UNHLM 2023

Overview
Despite being preventable and treatable, tuberculosis (TB) remains a deadly disease, often outsmarting the drugs commonly used to treat it and affecting millions worldwide. Globally, nearly 4,400 people lose their lives to TB each day – totaling nearly 1.6 million deaths each year. There were 10.6 million active TB infections in 2021 alone. Additionally, TB can have deadly consequences for certain populations, including people living with HIV and children.
Over the last three years, TB efforts have been severely impacted by the COVID-19 pandemic, threatening hard-fought gains made over the last several years. Because of this threat, we currently stand at a critical juncture. We have the tools and resources to end TB – but must take immediate and effective action to change the course of the epidemic and finally make TB history.
To address this serious global issue, CDC joined Heads of State in New York on September 22nd, 2023, for the United Nations (UN) General Assembly’s High-Level Meeting (UNHLM) on Tuberculosis to revisit the global targets established during the inaugural UNHLM on Tuberculosis in 2018 and signed a political declaration that reaffirms global commitments to end TB by 2030.
Our Impact

Each year, TB affects over 1 million children, yet nearly 60% of these cases go undiagnosed, untreated, or underreported.
Despite being preventable and curable, TB is the #1 cause of death among people living with HIV.
Magnificent’s Journey
Magnificent is his mother’s only son and his little sister’s only sibling.
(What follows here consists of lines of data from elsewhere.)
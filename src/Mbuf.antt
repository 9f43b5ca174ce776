-- ===== src/Mbuf.antt =====
-- qstack/src/include/mbuf.h: packet buffers behind pointers, their states, and giving one back.
pub mod Chain
pub mod Insert
pub mod Ops
pub mod Queue
pub mod Tests
use qstack.Common.{
  ℕ, zero, suc, ◌>>=◌, List, ◌∷◌, Option, none, some, ◌==◌, if◌then◌else◌, update, Ptr, null,
}

-- `mbuf_state`.
pub data MbufState : Type 0 where
  free rcved rbuffed rread rdone talloc tbuffed tgnrt sent loss retrans acked : MbufState

-- The fields of `struct rte_mbuf` that the buffers use.
pub record Mbuf : Type 0 where
  pub tcp_seq : ℕ
  pub payload_len : ℕ
  pub priority : ℕ
  pub mbuf_state : MbufState
  pub holding : ℕ
  pub l4_len : ℕ
  pub buf_next : Ptr

-- The packet buffers, and those given back to the driver, the last one first.
pub record Store : Type 0 where
  pub cell : Ptr → Mbuf
  pub released : List Ptr

abbrev pub write : Store → Ptr → Mbuf → Store
write s p m = record s { cell = update (s.cell) p m }

unfoldable pub set_next : Store → Ptr → Ptr → Store
set_next s p next = write s p (record (s.cell p) { buf_next = next })

unfoldable pub set_state : Store → Ptr → MbufState → Store
set_state s p st = write s p (record (s.cell p) { mbuf_state = st })

-- Freeing NULL ends the process; freeing twice is only reported.
unfoldable pub mbuf_free : Ptr → Store → Option Store
mbuf_free p s =
    if p == null
    then none
    else some (record (set_state s p MbufState.free) { released = p ∷ s.released })

-- `struct mbuf_list`.
pub record MbufList : Type 0 where
  pub head : Ptr
  pub tail : Ptr

unfoldable pub mbuf_list_init : MbufList
mbuf_list_init = record { head = null; tail = null }

unfoldable pub mbuf_list_pop : MbufList → Store → Ptr × MbufList × Store
mbuf_list_pop l s =
    let p = l.head in
    let next = (s.cell p).buf_next in
    if p == null then (p, l, s) else (
      p,
      record { head = next; tail = if next == null then null else l.tail },
      set_next s p null,
    )

unfoldable pub mbuf_list_append : MbufList → Ptr → Store → MbufList × Store
mbuf_list_append l p s =
    if l.tail == null
    then (record { head = p; tail = p }, set_next s p null)
    else (record l { tail = p }, set_next (set_next s l.tail p) p null)

unfoldable pub mbuf_list_insert : MbufList → Ptr → Ptr → Store → MbufList × Store
mbuf_list_insert l b1 b2 s =
    let next = (s.cell b1).buf_next in
    (if next == null then record l { tail = b2 } else l, set_next (set_next s b2 next) b1 b2)

unfoldable pub mbuf_list_add_head : MbufList → Ptr → Store → MbufList × Store
mbuf_list_add_head l p s =
    (record { head = p; tail = if l.head == null then p else l.tail }, set_next s p l.head)

-- The second list is left empty.
unfoldable pub mbuf_list_merge : MbufList → MbufList → Store → MbufList × MbufList × Store
unfolding mbuf_list_init
mbuf_list_merge l1 l2 s =
    if l1.tail == null
    then (l2, mbuf_list_init, s)
    else if l2.head == null
    then (l1, mbuf_list_init, s)
    else (record l1 { tail = l2.tail }, mbuf_list_init, set_next s l1.tail l2.head)

-- The loop of `mbuf_list_free`, on fuel.
list_free_loop : ℕ → Ptr → Store → Option Store
list_free_loop zero iter s = none
list_free_loop (suc fuel) iter s =
    let next = (s.cell iter).buf_next in
    let rest = (do s' ← mbuf_free iter s; list_free_loop fuel next s') in
    if iter == null then some s else rest

unfoldable pub mbuf_list_free : ℕ → MbufList → Store → Option (MbufList × Store)
unfolding list_free_loop mbuf_list_init
mbuf_list_free fuel l s = do s' ← list_free_loop fuel l.head s; some (mbuf_list_init, s')
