-- ===== src/N21.antt =====
-- tools/src/include/n21_queue.h: several producers, each with a circular queue of its own, and
-- one consumer that goes round them. The ready flags, the counters and the prefetched item are
-- compiled out, so `n21q_dequeue` is `__n21q_dequeue_strong`.
pub mod Enqueue
pub mod RoundRobin
pub mod Tests
use qstack.Common.{
  ℕ, zero, suc, ◌+◌, ◌*◌, Bool, true, false, ◌&&◌, not, Option, none, some, List, [], ◌∷◌, ◌==◌,
  if◌then◌else◌, ◌>>=◌, get_or, set, replicate, u8, u32, Ptr, null,
}
use qstack.Cirq.{
  Cirq, Mem, Ret, cirq_count, cirq_init, cirq_add, cirq_get, cirq_get_wslot, cirq_writen,
  cirq_init_slot,
}

-- `struct n21_queue`.
pub record N21 : Type 0 where
  pub queue_num : ℕ
  pub queue_point : ℕ
  pub queues : List Cirq

-- What an index past the array would name.
abbrev pub no_queue : Cirq
no_queue = record { head = 0; d_queue = []; size = 0; tail = 0 }

abbrev pub queue_at : N21 → ℕ → Cirq
queue_at q i = get_or q.queues i no_queue

abbrev pub set_queue : N21 → ℕ → Cirq → N21
set_queue q i c = record q { queues = set q.queues i c }

unfoldable pub n21q_succ : N21 → ℕ → ℕ
n21q_succ q p = if u8 (p + 1) == q.queue_num then 0 else u8 (p + 1)

-- The sum over the queues `i` on, for the rounds left.
count_from : N21 → ℕ → ℕ → ℕ
count_from q i zero = 0
count_from q i (suc k) = u32 (cirq_count (queue_at q i) + count_from q (i + 1) k)

unfoldable pub n21q_count : N21 → ℕ
unfolding count_from
n21q_count q = count_from q 0 q.queue_num

-- The `do` loop of `__n21q_dequeue_strong`, on fuel; the new point is that of the next queue.
dequeue_loop : ℕ → ℕ → Mem → N21 → Option (ℕ × N21)
dequeue_loop zero start m q = none
dequeue_loop (suc fuel) start m q =
    let (ret, c) = cirq_get (queue_at q q.queue_point) m in
    let q' = record (set_queue q q.queue_point c) { queue_point = n21q_succ q q.queue_point } in
    let again = dequeue_loop fuel start m q' in
    if (ret == null) && not (start == q'.queue_point) then again else some (ret, q')

unfoldable pub n21q_dequeue_strong : N21 → Mem → Option (ℕ × N21)
unfolding dequeue_loop
n21q_dequeue_strong q m = dequeue_loop q.queue_num q.queue_point m q

-- That of `n21q_dequeue_local`, which stays at a queue that gave an item.
local_loop : ℕ → ℕ → Mem → N21 → Option (ℕ × N21)
local_loop zero start m q = none
local_loop (suc fuel) start m q =
    let (ret, c) = cirq_get (queue_at q q.queue_point) m in
    let stay = set_queue q q.queue_point c in
    let go = record stay { queue_point = n21q_succ q q.queue_point } in
    let again = local_loop fuel start m go in
    if ret == null
    then (if start == go.queue_point then some (ret, go) else again)
    else some (ret, stay)

unfoldable pub n21q_dequeue_local : N21 → Mem → Option (ℕ × N21)
unfolding local_loop
n21q_dequeue_local q m = local_loop q.queue_num q.queue_point m q

unfoldable pub n21q_enqueue : N21 → Mem → ℕ → ℕ → Ret × N21 × Mem
n21q_enqueue q m q_id item =
    let (ret, c, m') = cirq_add (queue_at q q_id) m item in (ret, set_queue q q_id c, m')

unfoldable pub n21q_get_wslot : N21 → ℕ → Ptr × ℕ
n21q_get_wslot q q_id = cirq_get_wslot (queue_at q q_id)

unfoldable pub n21q_writen : N21 → ℕ → Ret × N21
n21q_writen q q_id = let (ret, c) = cirq_writen (queue_at q q_id) in (ret, set_queue q q_id c)

-- A queue of the array that `calloc` returns.
abbrev zeroed : Cirq
zeroed = record { head = 0; d_queue = replicate 8 null; size = 0; tail = 0 }

init_queues : ℕ → (ℕ → Ptr) → Mem → ℕ → ℕ → List Cirq × Mem
init_queues size blocks m i zero = ([], m)
init_queues size blocks m i (suc k) =
    let (c, m') = cirq_init zeroed m size (blocks i) in
    let (cs, m'') = init_queues size blocks m' (i + 1) k in (c ∷ cs, m'')

-- `blocks i` is what `calloc` returns for the i-th queue.
unfoldable pub n21q_init : Mem → ℕ → ℕ → (ℕ → Ptr) → N21 × Mem
unfolding init_queues
n21q_init m queue_num size blocks =
    let (cs, m') = init_queues size blocks m 0 queue_num in
    (record { queue_num = queue_num; queue_point = 0; queues = cs }, m')

-- The loop of `n21q_init_slot`, for the rounds left.
init_slots : N21 → ℕ → (ℕ → Ptr) → Mem → ℕ → ℕ → Option Mem
init_slots q slot_size slots m i zero = some m
init_slots q slot_size slots m i (suc k) = do
  m' ← cirq_init_slot (queue_at q i) m slot_size (slots i)
  init_slots q slot_size slots m' (i + 1) k

-- `slots i` is what `calloc` returns for the slots of the i-th queue.
unfoldable pub n21q_init_slot : N21 → Mem → ℕ → (ℕ → Ptr) → Option Mem
unfolding init_slots
n21q_init_slot q m slot_size slots = init_slots q slot_size slots m 0 q.queue_num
At 24, he has been the man of the house since his father died ten years ago. If you ask him about his dreams, he will tell you they are for his family. “I want to take care of my mother,” he says, “I want my sister to finish school.”
At 19, Magnificent survived the often deadly multidrug-resistant TB thanks to the treatment he received in a CDC-supported health facility that specializes in fighting drug resistance. He is now living a healthy life and pursuing his dreams of becoming an engineer and looking after his family. Thom Pierce 2018

When he was 19 years old and a college engineering student, Magnificent contracted TB after visiting his uncle in the hospital. The doctors gave him medicine, but he felt better shortly after and stopped taking the pills. But then the cough returned. And after the cough, the loss of appetite, the trouble breathing, and a terrifying weight loss. He went to the local TB hospital where he met Khaya, a CDC-supported nurse and one of the country’s champions in the fight against drug resistant TB. She told him he had developed the much deadlier, multi-drug resistant TB, and would not be returning home.
For months he remained in isolation, enduring a daily and toxic cocktail of drugs and injections that had severe side effects. As TB is also the number one killer of people living with HIV, he was tested for the virus and found to be negative. Finally, after nine months, he was cured. The ordeal has changed him. “I didn’t know if I would live or die. If you could collect all the tears I cried during that time, it would measure a gallon,” he recalls. Today, he is channeling his struggle into advocacy, traveling the country to educate others about the threat of drug resistant TB. And he’s dreaming again.
“I have my life back,” he says, “I can watch my little sister grow up.”
The Path Forward

To end TB, the global community must continue to work together to fight this epidemic on multiple fronts to stop the suffering associated with this disease, here at home and around the world. The United Nations High-Level Meeting on TB provided a unique and timely opportunity for the global community to gather and reaffirm commitments to address this epidemic, as well as assess progress towards previously established goals. The commitments made during this event put us on a path to eliminating TB as a global health threat and showcase the power of global partnerships.
At CDC, we’re on the frontlines in more than 25 high-burden countries working with partner governments to find, cure, and prevent TB and help sustain country efforts. CDC’s longstanding efforts in addressing TB are not only transforming countries but saving countless individual lives.